Breakaway lanyard can have 2 systems i think; 1 to deacellerate by having so much give through stretch to buffer the force, also stitches that shear open disapating whatever force that takes. System 2 would be to be a mechanical fuse that would shear/ seperate at so much force; so that you would only incur the weight of a saw drop on your bod, not one caught in a top (then it would shear or 'blow the fuse"). So of the total force of pull, you only oppose 200'#s; so thereby only incur that, and it is trying to deaccelerate it as it goes into that.


----------



## Newfie (Jan 19, 2003)

". I shudder to think what would have happened if all those lines had parted company with the link (and riser) close to the ground, little was holding them on except tension."

Sounds like a close call Mitch. Guess we would be calling you Bouncer instead of Jumper?


----------



## treeclimber165 (Jan 19, 2003)

Nah, we would probably be calling him 'Spot'.


----------



## John Paul Sanborn (Jan 19, 2003)

I think velosity is distance is multiplied by 3 with each incremtn of time something like V=(d3*t)t, but that does not look right.

One of Galileo's laws, he used an incline plane, marbles and his pulse to time it all.

So the saw fall 1 ft in 1 second 3 feet in the second, in the third second it falls 9 in the third...

What all this has to do with impact force id beyond me though


----------



## Joe (Jan 19, 2003)

I'm sorry you guys can't handle a simple energy equation.

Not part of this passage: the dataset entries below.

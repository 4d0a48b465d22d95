-- ===== src/Housing/Layout.antt =====
-- The room: every object with a footprint lies inside, and no two objects of a player overlap.
use cat_game_backend.Base.{
  leb_ℤ, ◌&&◌, ◌*◌, eqb_ℤ, ℕ, ◌/◌, ◌<◌, ◌≡◌, refl, Bool, true, false, not, ◌||◌, Option, none, some,
  List, [], ◌∷◌, inl, inr, arith, All, All-append, All-of, Bool-cases, Option-cases, ◌==◌, opt_eq,
  ℤ, pos, pos_part,
}
use cat_game_backend.Catalog.{room_grid_width, room_grid_height}
use cat_game_backend.Store.Rows.{Item, PlacedObject, Position, item_row, placed_object_row}
use cat_game_backend.Store.Table.{
  Distinct, get, put, insert_row, delete_row, All-put, All-delete_row, put_absent, absent-All,
}
use cat_game_backend.Housing.Geometry.{
  overlaps, Rect, rect, is_outside, is_turned, is_rotation, footprint, placement_error, free_error,
  ensure_error,
}

-- Two rectangles share no point of their interiors.
abbrev pub is_apart : Rect → Rect → Bool
is_apart a b =
    leb_ℤ a.right b.left || leb_ℤ b.right a.left || leb_ℤ a.bottom b.top || leb_ℤ b.bottom a.top

is_apart_comm : (a b : Rect) → is_apart a b ≡ is_apart b a
is_apart_comm a b = ground arith

abbrev pub disjoint : Option Rect → Option Rect → Bool
disjoint none _ = true
disjoint (some a) none = true
disjoint (some a) (some b) = is_apart a b

disjoint_comm : (a b : Option Rect) → disjoint a b ≡ disjoint b a
disjoint_comm none none = refl
disjoint_comm none (some b) = refl
disjoint_comm (some a) none = refl
disjoint_comm (some a) (some b) = is_apart_comm a b

module _ (grid_unit : ℕ) (items : List Item) where
  abbrev pub rect_of_item : Option Item → Position → Option Rect
  rect_of_item none p = none
  rect_of_item (some item) p = elim (footprint item) [
    | none ↦ none
    | some size ↦ some (rect grid_unit (is_turned grid_unit p.z) size p)
  ]

  -- The cells that a placed object covers, if its item has a footprint.
  unfoldable pub rect_of : PlacedObject → Option Rect
  rect_of p = rect_of_item (get p.item_id items) p.position_data

  abbrev pub is_inside : Option Rect → Bool
  is_inside none = true
  is_inside (some r) =
      leb_ℤ (pos 0) r.left
      && leb_ℤ (pos 0) r.top
      && leb_ℤ r.right (pos (room_grid_width * grid_unit))
      && leb_ℤ r.bottom (pos (room_grid_height * grid_unit))

  unfoldable pub compatible : PlacedObject → PlacedObject → Bool
  compatible p q = not (p.user_id == q.user_id) || disjoint (rect_of p) (rect_of q)

  abbrev pub Layout : List PlacedObject → Type 0
  Layout [] = Unit
  Layout (p ∷ t) = (is_inside (rect_of p) ≡ true) × All (λ q. compatible p q ≡ true) t × Layout t

  compatible_comm : (p q : PlacedObject) → compatible p q ≡ compatible q p
  unfolding compatible
  compatible_comm p q = ground (arith, disjoint_comm (rect_of p) (rect_of q))

  pub Layout-insert_row :
      (r : PlacedObject) (t : List PlacedObject)
      → is_inside (rect_of r) ≡ true
      → All (λ q. compatible r q ≡ true) t
      → Layout t
      → Layout (insert_row r t)
  Layout-insert_row r [] k c h = (k, tt, tt)
  Layout-insert_row r (x ∷ t) k c h = (
    h.0,
    All-append (λ q. compatible x q ≡ true) t _ h.1 (rw compatible_comm c.0, tt),
    Layout-insert_row r t k c.1 h.2,
  )

  pub Layout-delete_row : (i : ℕ) (t : List PlacedObject) → Layout t → Layout (delete_row i t)
  unfolding delete_row
  Layout-delete_row i [] h = tt
  Layout-delete_row i (x ∷ t) h = elim (Bool-cases (x.id == i)) [
    | inl same ↦ rw same (Layout-delete_row i t h.2)
    | inr differs ↦
        rw differs
          (h.0, All-delete_row (λ q. compatible x q ≡ true) i t h.1, Layout-delete_row i t h.2)
  ]

  others :
      (v : PlacedObject) (t : List PlacedObject)
      → All (λ q. (q.id == v.id) ≡ false) t
      → All (λ q. ((q.id == v.id) || compatible v q) ≡ true) t
      → All (λ q. compatible v q ≡ true) t
  others v [] n c = tt
  others v (x ∷ t) n c = (rw n.0 at (c.0), others v t n.1 c.1)

  pub Layout-put :
      (v : PlacedObject) (t : List PlacedObject)
      → Distinct t
      → is_inside (rect_of v) ≡ true
      → All (λ q. ((q.id == v.id) || compatible v q) ≡ true) t
      → Layout t
      → Layout (put v t)
  unfolding put
  Layout-put v [] d k c h = tt
  Layout-put v (x ∷ t) d k c h = elim (Bool-cases (x.id == v.id)) [
    | inl same ↦
        let e : x.id ≡ v.id = ground arith in
        let absent : get v.id t ≡ none = rw e at (d.0) in
        rw (same, put_absent v t absent) (k, others v t (absent-All v.id t absent) c.1, h.2)
    | inr differs ↦ rw differs (
      h.0,
      All-put (λ q. compatible x q ≡ true) v t (rw compatible_comm (rw differs at (c.0))) h.1,
      Layout-put v t d.1 k c.1 h.2,
    )
  ]

  -- The loop found nothing: every object but the excluded one is apart from the new rectangle.
  placement_error-none :
      (new : Rect) (excluded : Option ℕ) (placed : List PlacedObject)
      → placement_error grid_unit items new excluded placed ≡ none
      → All (λ q. (opt_eq excluded (some q.id) || disjoint (some new) (rect_of q)) ≡ true) placed
  unfolding placement_error rect_of overlaps
  placement_error-none new excluded [] h = tt
  placement_error-none new excluded (p ∷ placed) h =
      (ground arith, placement_error-none new excluded placed (ground arith))

  rect_of_flat :
      (p : PlacedObject) (item : Item)
      → get p.item_id items ≡ some item
      → footprint item ≡ none
      → rect_of p ≡ none
  unfolding rect_of
  rect_of_flat p item found flat = rw (found, rect_of_item) (rw (flat, rect_of_item))

  rect_of_sized :
      (p : PlacedObject) (item : Item) (size : ℕ × ℕ)
      → get p.item_id items ≡ some item
      → footprint item ≡ some size
      → rect_of p
        ≡ some (rect grid_unit (is_turned grid_unit p.position_data.z) size p.position_data)
  unfolding rect_of
  rect_of_sized p item size found sized = rw (found, rect_of_item) (rw (sized, rect_of_item))

  or_true : (b : Bool) → (b || true) ≡ true
  or_true true = refl
  or_true false = refl

  -- The two tests of a rotation, by the value and after truncation, agree where it is allowed.
  turned_rotation :
      (z : ℤ)
      → 0 < grid_unit
      → is_rotation grid_unit z ≡ true
      → eqb_ℤ z (pos grid_unit) ≡ is_turned grid_unit z
  unfolding is_rotation is_turned
  turned_rotation z u h = elim (Bool-cases (eqb_ℤ z (pos 0))) [
    | inl upright ↦
        let e : pos_part z ≡ 0 = ground arith in
        let q : pos_part z / grid_unit ≡ 0 = rw e (grind arith) in ground (arith, q)
    | inr other ↦
        let e : pos_part z ≡ grid_unit = ground arith in
        let q : pos_part z / grid_unit ≡ 1 = rw e (grind arith) in ground (arith, q)
  ]

  -- A position that passed `_ensure_placement_free` is inside the room, and apart from every
  -- object of the list but the excluded one.
  pub ensure_error-none :
      (item : Item) (p : PlacedObject) (excluded : Option ℕ) (placed : List PlacedObject)
      → 0 < grid_unit
      → get p.item_id items ≡ some item
      → ensure_error grid_unit items item p.position_data excluded placed ≡ none
      → (is_inside (rect_of p) ≡ true)
        × All (λ q. (opt_eq excluded (some q.id) || disjoint (rect_of p) (rect_of q)) ≡ true) placed
  unfolding ensure_error free_error is_outside
  ensure_error-none item p excluded placed u found h = elim (Option-cases (footprint item)) [
    | inl flat ↦
        rw (rect_of_flat p item found flat)
          (refl, All-of _ placed (λ q. or_true (opt_eq excluded (some q.id))))
    | inr (size, sized) ↦
        let turned : eqb_ℤ p.position_data.z (pos grid_unit)
            ≡ is_turned grid_unit p.position_data.z =
          turned_rotation p.position_data.z u (ground arith) in
        rw (rect_of_sized p item size found sized) (
          ground (arith, turned),
          placement_error-none
              (rect grid_unit (is_turned grid_unit p.position_data.z) size p.position_data) excluded
              placed (ground (arith, turned)),
        )
  ]
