-- ===== src/Housing/Placing.antt =====
-- What placing furniture changes, and that it keeps the room laid out.
use cat_game_backend.Base.{
  ℕ, ◌+◌, ◌<◌, ◌≡◌, refl, sym, ◌∙◌, true, false, ◌&&◌, ◌||◌, Option, none, some, List, ◌⊎◌, inl,
  inr, arith, All, All-append, All-map_imp, Bool-cases, Option-cases, ◌==◌, opt_eq, pos, leb_ℤ,
  length,
}
use cat_game_backend.Core.Error.{Result, ok}
use cat_game_backend.Store.Rows.{
  is_furniture, User, Item, Asset, PlacedObject, Position, item_row, user_row, placed_object_row,
}
use cat_game_backend.Store.Table.{
  Distinct, IsBelow, IsBelow-suc, get, find, insert_row, where_rows, where_rows-All,
  Distinct-insert_row,
}
use cat_game_backend.Store.Session.{Db, Session, begin}
use cat_game_backend.Store.Assets.{is_item_asset}
use cat_game_backend.Store.Placements
use cat_game_backend.Housing.{
  lock_user, place_furniture, place_new, place_existing, PlacedObjectRead, find_existing,
}
use cat_game_backend.Housing.Geometry.{ensure_error}
use cat_game_backend.Housing.Layout.{
  Layout, compatible, rect_of, disjoint, ensure_error-none, Layout-insert_row,
}

module _ (grid_unit : ℕ) where
  pub record IsLaidOut (db : Db) : Type 0 where
    pub item_keys : Distinct db.items
    pub keys : Distinct db.placed_objects
    pub ids : All (IsBelow db.next_id) db.placed_objects
    pub layout : Layout grid_unit db.items db.placed_objects

  -- What a placement of a new object has done.
  pub record Placed (user : User) (item : Item) (db db' : Db) : Type 0 where
    pub object : PlacedObject
    pub stock : Asset
    pub id : object.id ≡ db.next_id
    pub owner : object.user_id ≡ user.id
    pub item_id : object.item_id ≡ item.id
    pub owned : find (is_item_asset user.id item.id) db.assets ≡ some stock
    pub within :
        leb_ℤ stock.quantity (
          pos (
            length
              (where_rows (λ p. p.user_id == user.id && p.item_id == item.id) db.placed_objects)))
        ≡ false
    pub free :
        ensure_error grid_unit db.items item object.position_data none
          (where_rows (λ p. p.user_id == user.id) db.placed_objects)
        ≡ none
    pub placed : db'.placed_objects ≡ insert_row object db.placed_objects
    pub next_id : db'.next_id ≡ db.next_id + 1
    pub items : db'.items ≡ db.items
    pub assets : db'.assets ≡ db.assets

  place_new-Placed :
      (user : User) (item : Item) (p : Position) (id : Option ℕ) (db : Db) (s' : Session)
      (r : PlacedObjectRead)
      → place_new grid_unit user item p id (begin db) ≡ (ok r, s')
      → Placed user item db s'.committed
  unfolding place_new Placements.new_placement
  place_new-Placed user item p id db s' r h =
      elim (Option-cases (find (is_item_asset user.id item.id) db.assets)) [
        | inl no_asset ↦ ground arith
        | inr (a, owned) ↦
            elim (Option-cases (
              ensure_error grid_unit db.items item p none
                (where_rows (λ q. q.user_id == user.id) db.placed_objects))) [
                  | inl free ↦ record {
                    object = record (Placements.new_placement user.id item.id p id (begin db)) {
                      id = db.next_id;
                    };
                    stock = a;
                    id = refl;
                    owner = refl;
                    item_id = refl;
                    owned = owned;
                    within = ground arith;
                    free = free;
                    placed = ground arith;
                    next_id = ground arith;
                    items = ground arith;
                    assets = ground arith;
                  }
                  | inr (e, conflict) ↦ ground arith
                ]
      ]

  -- Apart from all, if apart from the objects of the same player.
  pub compatible-All :
      (items : List Item) (v : PlacedObject) (user_id : ℕ) (excluded : Option ℕ)
      (t : List PlacedObject)
      → v.user_id ≡ user_id
      → All
          (λ q.
            (opt_eq excluded (some q.id)
              || disjoint (rect_of grid_unit items v) (rect_of grid_unit items q))
            ≡ true)
          (where_rows (λ q. q.user_id == user_id) t)
      → All (λ q. (opt_eq excluded (some q.id) || compatible grid_unit items v q) ≡ true) t
  unfolding compatible
  compatible-All items v user_id excluded t owner h =
      All-map_imp _ _ t (λ q k. ground arith)
        (where_rows-All (λ q. q.user_id == user_id)
          (λ q.
            opt_eq excluded (some q.id)
            || disjoint (rect_of grid_unit items v) (rect_of grid_unit items q))
          t h)

  pub Placed-IsLaidOut :
      (user : User) (item : Item) (db db' : Db)
      → 0 < grid_unit
      → get item.id db.items ≡ some item
      → IsLaidOut db
      → Placed user item db db'
      → IsLaidOut db'
  Placed-IsLaidOut user item db db' u row h p =
      let free =
        ensure_error-none grid_unit db.items item p.object none
          (where_rows (λ q. q.user_id == user.id) db.placed_objects) u (rw p.item_id row) p.free in
      record {
        item_keys = rw p.items h.item_keys;
        keys = rw p.placed (Distinct-insert_row p.object db.placed_objects (rw p.id h.ids) h.keys);
        ids =
            rw (p.placed, p.next_id)
              (All-append (IsBelow (db.next_id + 1)) db.placed_objects _
                (IsBelow-suc db.next_id db.placed_objects h.ids) (omega (arith, p.id), tt));
        layout =
            rw (p.placed, p.items)
              (Layout-insert_row grid_unit db.items p.object db.placed_objects free.0
                (compatible-All db.items p.object user.id none db.placed_objects p.owner free.1)
                h.layout);
      }

  -- The object with the id that the client chose.
  abbrev existing_of : Option ℕ → Db → Option PlacedObject
  existing_of none db = none
  existing_of (some q) db = find (λ p. p.public_id == q) db.placed_objects

  abbrev place_or_replay :
      User
      → Item
      → Position
      → Option ℕ
      → Option PlacedObject
      → Session
      → Result PlacedObjectRead × Session
  place_or_replay user item p id none = place_new grid_unit user item p id
  place_or_replay user item p id (some q) = place_existing grid_unit user item p q

  -- Past the guards.
  place_furniture-find :
      (user_public_id item_public_id : ℕ) (p : Position) (id : Option ℕ) (db : Db)
      (user locked : User) (item : Item)
      → find (λ u. u.public_id == user_public_id) db.users ≡ some user
      → get user.id db.users ≡ some locked
      → find (λ i. i.public_id == item_public_id) db.items ≡ some item
      → is_furniture item.category ≡ true
      → place_furniture grid_unit user_public_id item_public_id p id (begin db)
        ≡ place_or_replay locked item p id (existing_of id db) (begin db)
  unfolding place_furniture lock_user find_existing
  place_furniture-find user_public_id item_public_id p none db user locked item found row found_item
        furniture =
      rw (found, row, found_item, furniture)
  place_furniture-find user_public_id item_public_id p (some q) db user locked item found row
        found_item furniture =
      elim (Option-cases (find (λ (p : PlacedObject). p.public_id == q) db.placed_objects)) [
        | inl new ↦ rw (found, row, found_item, furniture, new)
        | inr (old, there) ↦ rw (found, row, found_item, furniture, there)
      ]

  place_or_replay-Placed :
      (user : User) (item : Item) (p : Position) (id : Option ℕ) (o : Option PlacedObject) (db : Db)
      (s' : Session) (r : PlacedObjectRead)
      → place_or_replay user item p id o (begin db) ≡ (ok r, s')
      → (s'.committed ≡ db) ⊎ Placed user item db s'.committed
  unfolding place_existing
  place_or_replay-Placed user item p id none db s' r h =
      inr (place_new-Placed user item p id db s' r h)
  place_or_replay-Placed user item p id (some q) db s' r h = inl (ground arith)

  -- A placement that returns found the object there, or has added it.
  pub place_furniture-Placed :
      (user_public_id item_public_id : ℕ) (p : Position) (id : Option ℕ) (db : Db) (s' : Session)
      (r : PlacedObjectRead)
      → place_furniture grid_unit user_public_id item_public_id p id (begin db) ≡ (ok r, s')
      → (s'.committed ≡ db)
        ⊎ ((user : User) × (item : Item) × (find (λ i. i.public_id == item_public_id) db.items
              ≡ some item)
            × Placed user item db s'.committed)
  unfolding place_furniture lock_user
  place_furniture-Placed user_public_id item_public_id p id db s' r h =
      elim (Option-cases (find (λ u. u.public_id == user_public_id) db.users)) [
        | inl unknown ↦ ground arith
        | inr (user, found) ↦ elim (Option-cases (get user.id db.users)) [
          | inl unlocked ↦ ground arith
          | inr (locked, row) ↦
              elim (Option-cases (find (λ i. i.public_id == item_public_id) db.items)) [
                | inl no_item ↦ ground arith
                | inr (item, found_item) ↦ elim (Bool-cases (is_furniture item.category)) [
                  | inl furniture ↦
                      elim (place_or_replay-Placed locked item p id (existing_of id db) db s' r (
                        sym (
                          place_furniture-find user_public_id item_public_id p id db user locked
                            item found row found_item furniture)
                        ∙ h)) [
                          | inl same ↦ inl same
                          | inr placed ↦ inr (locked, item, found_item, placed)
                        ]
                  | inr other ↦ ground arith
                ]
              ]
        ]
      ]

I really thought I put enough understandable information out here(in cyber space) in the past where you guys could at least calculate the energy in a lanyard from a falling saw. I'm speaking of you guys who've posted with me over the years.

You know, I needed to be corrected about the terminology used in this circumstance. The great thing about it was I could easily look it up to confirm it was correct. Hell, Ken posted the simplest link I've come across at this site some time ago. I guess nobody cares to read something as important as calculating energy from a freely falling object. The rope manufacturers had to do this to determine the strength of the ropes used in this business. Just think what ropes would be like if these people didn't know this stuff. They just made ropes and somebody else gave them a machine which broke ropes they made and said to themselves," that seems to be strong enough". It doesn't work this way guys. 

Here you go guys, this will be the energy from a saw which falls freely. 

A saw which weighs 7 lbs held in your hand is 7 lbs. Since there is no distance for which the saw is falling, multiply the weight of the saw times 0. The saw still weighs 7 lbs but because there is no distance of fall, there is no kinetic energy in the system just potential energy or energy that can be spent; like a full tank of gasoline. So 7 lbs times 0 distance is 0 energy. Understand? Your gasoline tank is full. 

O.K., now the saw is dropped and falls 1 foot. Multiply the distance of fall by the weight. This gives 7 ft›lbs of energy. It is kinetic energy, energy spent.

7 lbs × 2 ft = 14 ft›lb

7 lbs × 3 ft = 21 ft›lb

7 lbs × 4 ft = 28 ft›lb

etc., etc, etc. 

This is like the gasoline used-kinetic energy. The gas tank is empty when it can no longer fall. Notice this is considered energy and not force. 

Joe :crying:

????, you guys are so bad at this you made me cry. 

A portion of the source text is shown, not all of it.